My vascular surgeons have been performing office based surgeries for over a year and a half with great success. Now they are interested in submitting a paper to the SVS (Society of Vascular Surgeons) demonstrating their results and the cost savings to the payer. Unfortunately it is extremely difficult to get a side-by-side comparison of office payment vs outpatient or inpatient hospital payment. I've reached out to a couple of our local hospitals but they won't respond. Anyone have experience with hospital billing that may be able to help me do an accurate comparison? Or does anyone have any references or sources that would help?

Thanks in advance.


----------



## eagendj (Mar 9, 2015)

I would start with looking up the Medicare fee schedule.


----------



## j.monday7814 (Mar 9, 2015)

eagendj said:


> I would start with looking up the Medicare fee schedule.



that doesn't give a side-by-side comparison of claims and potential payment.
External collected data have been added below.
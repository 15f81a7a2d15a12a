-- ===== src/Grades/Text/Scan.antt =====
-- What `sscanf` makes of words with a space between them.
use system_related_in_c.Base.{
  ℕ, zero, suc, ◌≤◌, ◌≡◌, ◌≢◌, refl, false, [], ◌∷◌, ◌++◌, some, arith, length, All, All-map,
}
use system_related_in_c.Grades.Text.{Str, is_space, space, take_word, scan_word}

-- A word that `%ns` takes whole: not empty, no white space, at most `n` bytes, no NUL.
pub data IsWord (n : ℕ) : Str → Type 0 where
  word :
      (c : ℕ) (w : Str)
      → All (λ c. is_space c ≡ false) (c ∷ w)
      → length (c ∷ w) ≤ n
      → All (λ c. c ≢ 0) (c ∷ w)
      → IsWord n (c ∷ w)

take_word-append :
    (n : ℕ) (w rest : Str)
    → All (λ c. is_space c ≡ false) w
    → length w ≤ n
    → take_word n (w ++ space ∷ rest) ≡ (w, space ∷ rest)
unfolding take_word
take_word-append zero [] rest h le = refl
take_word-append (suc n) [] rest h le = refl
take_word-append zero (c ∷ w) rest h le = absurd (omega arith)
take_word-append (suc n) (c ∷ w) rest h le = rw (h.0, take_word-append n w rest h.1 (omega arith))

take_word_self :
    (n : ℕ) (w : Str) → All (λ c. is_space c ≡ false) w → length w ≤ n → take_word n w ≡ (w, [])
unfolding take_word
take_word_self zero [] h le = refl
take_word_self (suc n) [] h le = refl
take_word_self zero (c ∷ w) h le = absurd (omega arith)
take_word_self (suc n) (c ∷ w) h le = rw (h.0, take_word_self n w h.1 (omega arith))

module _ (n : ℕ) where
  pub scan_word-first :
      (w rest : Str) → IsWord n w → scan_word n (w ++ space ∷ rest) ≡ some (w, space ∷ rest)
  unfolding scan_word
  scan_word-first w rest (word c w' h le bytes) = rw (h.0, take_word-append n (c ∷ w') rest h le)

  pub scan_word-next :
      (w rest : Str) → IsWord n w → scan_word n (space ∷ w ++ space ∷ rest) ≡ some (w, space ∷ rest)
  unfolding scan_word
  scan_word-next w rest (word c w' h le bytes) = rw (h.0, take_word-append n (c ∷ w') rest h le)

  pub scan_word-last : (w : Str) → IsWord n w → scan_word n (space ∷ w) ≡ some (w, [])
  unfolding scan_word
  scan_word-last w (word c w' h le bytes) = rw (h.0, take_word_self n (c ∷ w') h le)

  pub IsWord-bytes : (w : Str) → IsWord n w → All (λ c. c ≢ 0) w
  IsWord-bytes w (word c w' h le bytes) = bytes

  pub IsWord-line : (w : Str) → IsWord n w → All (λ c. c ≢ 10) w
  IsWord-line w (word c w' h le bytes) =
      All-map (λ c. is_space c ≡ false) (λ c. c ≢ 10) (λ c e. ground arith) (c ∷ w') h

  pub IsWord-length : (w : Str) → IsWord n w → length w ≤ n
  IsWord-length w (word c w' h le bytes) = le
It only provides the "facility" fee for the the CPT codes.


----------



## j.monday7814 (Mar 17, 2015)

I could really use some expert advice and guidance with this issue please....


----------



## mitchellde (Mar 17, 2015)

woldnt the fee schedule be exactly what youy need. What the actual total fee if performed in the facility is the facility fee plus the physician fee in either the POS 22 or 21.  and if performed in the office is only the provider fee POS 11.  Soyou will need to look up the facility fee plus the physician fee from the Medicare fee schedule but then the physician fee schedule is broken down to the different POS.  I know of no other way to do this.


----------



## j.monday7814 (Mar 17, 2015)

for the outpatient comparison that is as far as I can get as well. But I've heard that even on the outpatient setting that the hospital can bill for certain supplies that we (office-based surgery) cannot. Also, the inpatient comparison seems extremely difficult because that large DRG payment is meant to encompass many more services than would ever be performed in an office based surgical center, correct?
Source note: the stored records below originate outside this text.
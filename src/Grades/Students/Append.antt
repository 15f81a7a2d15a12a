-- ===== src/Grades/Students/Append.antt =====
-- A record at the end of a file is one more student of it.
use system_related_in_c.Base.{
  ℕ, ◌≡◌, ◌≢◌, refl, some, List, [], ◌∷◌, ◌++◌, arith, append-nil, append_assoc, All, All-append,
  ◌⊎◌, inl, inr,
}
use system_related_in_c.Grades.Text.{Str, newline, space, tokens}
use system_related_in_c.Grades.Text.Split.{until_nul_self, tokens-cut, tokens-word}
use system_related_in_c.Grades.Text.Scan.{
  IsWord, word, scan_word-first, scan_word-next, scan_word-last, IsWord-bytes, IsWord-line,
}
use system_related_in_c.Grades.Students.{three_words, scan_student}
use system_related_in_c.Grades.Students.Load.{scanned, students_of}

pub scanned-append : (ls ms : List Str) → scanned (ls ++ ms) ≡ scanned ls ++ scanned ms
unfolding scanned
scanned-append [] ms = refl
scanned-append (l ∷ ls) ms = rw (scanned-append ls ms, append_assoc)

pub scan_student-words :
    (name surname grade : Str)
    → IsWord 49 name
    → IsWord 49 surname
    → IsWord 2 grade
    → scan_student (three_words name surname grade)
      ≡ some (record { name = name; surname = surname; grade = grade })
unfolding scan_student
scan_student-words name surname grade n s g = rw (
  scan_word-first 49 name (surname ++ (space ∷ grade)) n,
  scan_word-next 49 surname grade s,
  scan_word-last 2 grade g,
)

-- A file of whole lines.
abbrev pub Complete : Str → Type 0
Complete file = (file ≡ []) ⊎ ((b : Str) × (file ≡ b ++ newline ∷ []))

module _ (name surname grade : Str) (n : IsWord 49 name) (s : IsWord 49 surname)
    (g : IsWord 2 grade) where
  -- Three words with spaces have the bytes that words and spaces have.
  All-three_words :
      (P : ℕ → Type 0)
      → P space
      → All P name
      → All P surname
      → All P grade
      → All P (three_words name surname grade)
  All-three_words P at_space in_name in_surname in_grade =
      All-append P name _ in_name (at_space, All-append P surname _ in_surname (at_space, in_grade))

  record_line-tokens :
      tokens newline (three_words name surname grade ++ newline ∷ [])
      ≡ three_words name surname grade ∷ []
  record_line-tokens = rw (tokens-cut newline (three_words name surname grade) []) (
      one n (
        All-three_words (λ c. c ≢ newline) (omega arith) (IsWord-line 49 name n)
          (IsWord-line 49 surname s) (IsWord-line 2 grade g)))
    where
      one :
          {w : Str}
          → IsWord 49 w
          → All (λ c. c ≢ newline) (w ++ (space ∷ (surname ++ (space ∷ grade))))
          → tokens newline (w ++ (space ∷ (surname ++ (space ∷ grade)))) ++ tokens newline []
            ≡ (w ++ (space ∷ (surname ++ (space ∷ grade)))) ∷ []
      one (word c w' h le bytes) all = rw (tokens-word newline c _ all) (unfold tokens in refl)

  -- A record at the end of a file of whole lines is one more student.
  pub students_of-append :
      (file : Str)
      → Complete file
      → All (λ c. c ≢ 0) file
      → students_of (file ++ (three_words name surname grade ++ newline ∷ []))
        ≡ students_of file ++ record { name = name; surname = surname; grade = grade } ∷ []
  students_of-append file whole bytes =
      rw (until_nul_self _ all_bytes, until_nul_self file bytes) (lines whole)
    where
      all_bytes : All (λ c. c ≢ 0) (file ++ (three_words name surname grade ++ newline ∷ []))
      all_bytes =
          All-append (λ c. c ≢ 0) file _ bytes
            (All-append (λ c. c ≢ 0) (three_words name surname grade) (newline ∷ [])
              (All-three_words (λ c. c ≢ 0) (omega arith) (IsWord-bytes 49 name n)
                (IsWord-bytes 49 surname s) (IsWord-bytes 2 grade g))
              (omega arith, tt))

      last :
          scanned (three_words name surname grade ∷ [])
          ≡ record { name = name; surname = surname; grade = grade } ∷ []
      last = unfold scanned in rw (scan_student-words name surname grade n s g)

      lines :
          Complete file
          → scanned (tokens newline (file ++ (three_words name surname grade ++ newline ∷ [])))
            ≡ scanned (tokens newline file)
              ++ record { name = name; surname = surname; grade = grade } ∷ []
      lines (inl e) = rw (e, record_line-tokens, last) (unfold tokens scanned in refl)
      lines (inr (b, e)) =
          rw
            (
              e,
              append_assoc,
              tokens-cut newline b (three_words name surname grade ++ newline ∷ []),
              tokens-cut newline b [],
              record_line-tokens,
              scanned-append,
              scanned-append,
              last,
            )
            (unfold tokens scanned in rw append-nil)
Also, if we stick to outpatient vs office-based comparisons only and base it off of the fee schedule than outpatient hospital is reimbursed the exact same as office-based, correct? as an example, we bill 37227, 75716, 75625 for a "typical" lower extremity intervention and I need to know exactly how that same claim would translate to an outpatient hospital reimbursement.


----------



## mitchellde (Mar 17, 2015)

I know what you are getting at , however, (bear with me now) if you are wanting to prove that the office based procedure can go head to head with either outpatient or inpatient based then from a cost comparison all the expenses that make up the DRG is what you are going up against.  Your trying to make an argument that this procedure can be safely and more cost effectively be performed in the physician office setting.  So you will have to take the entire DRG reimbursement on head to head. As far as outpatient goes.. When the facility is reimbursed it is for the overhead cost of providing the space, personnel, and supplies for that procedure.  This is why the procedure codes must match.  So the total cost of a procedure performed in the outpatient setting is the facility fee plus the physician fee in the POS 22.  Again you will have compare this total to the physician fee in a POS 11.  Head to head.


----------



## j.monday7814 (Mar 17, 2015)

alright, so I must have been over estimating or over calculating the comparison. so as far as the insurance company's total payment is concerned there is no financial difference between billing this service outpatient hospital or office-based surgery.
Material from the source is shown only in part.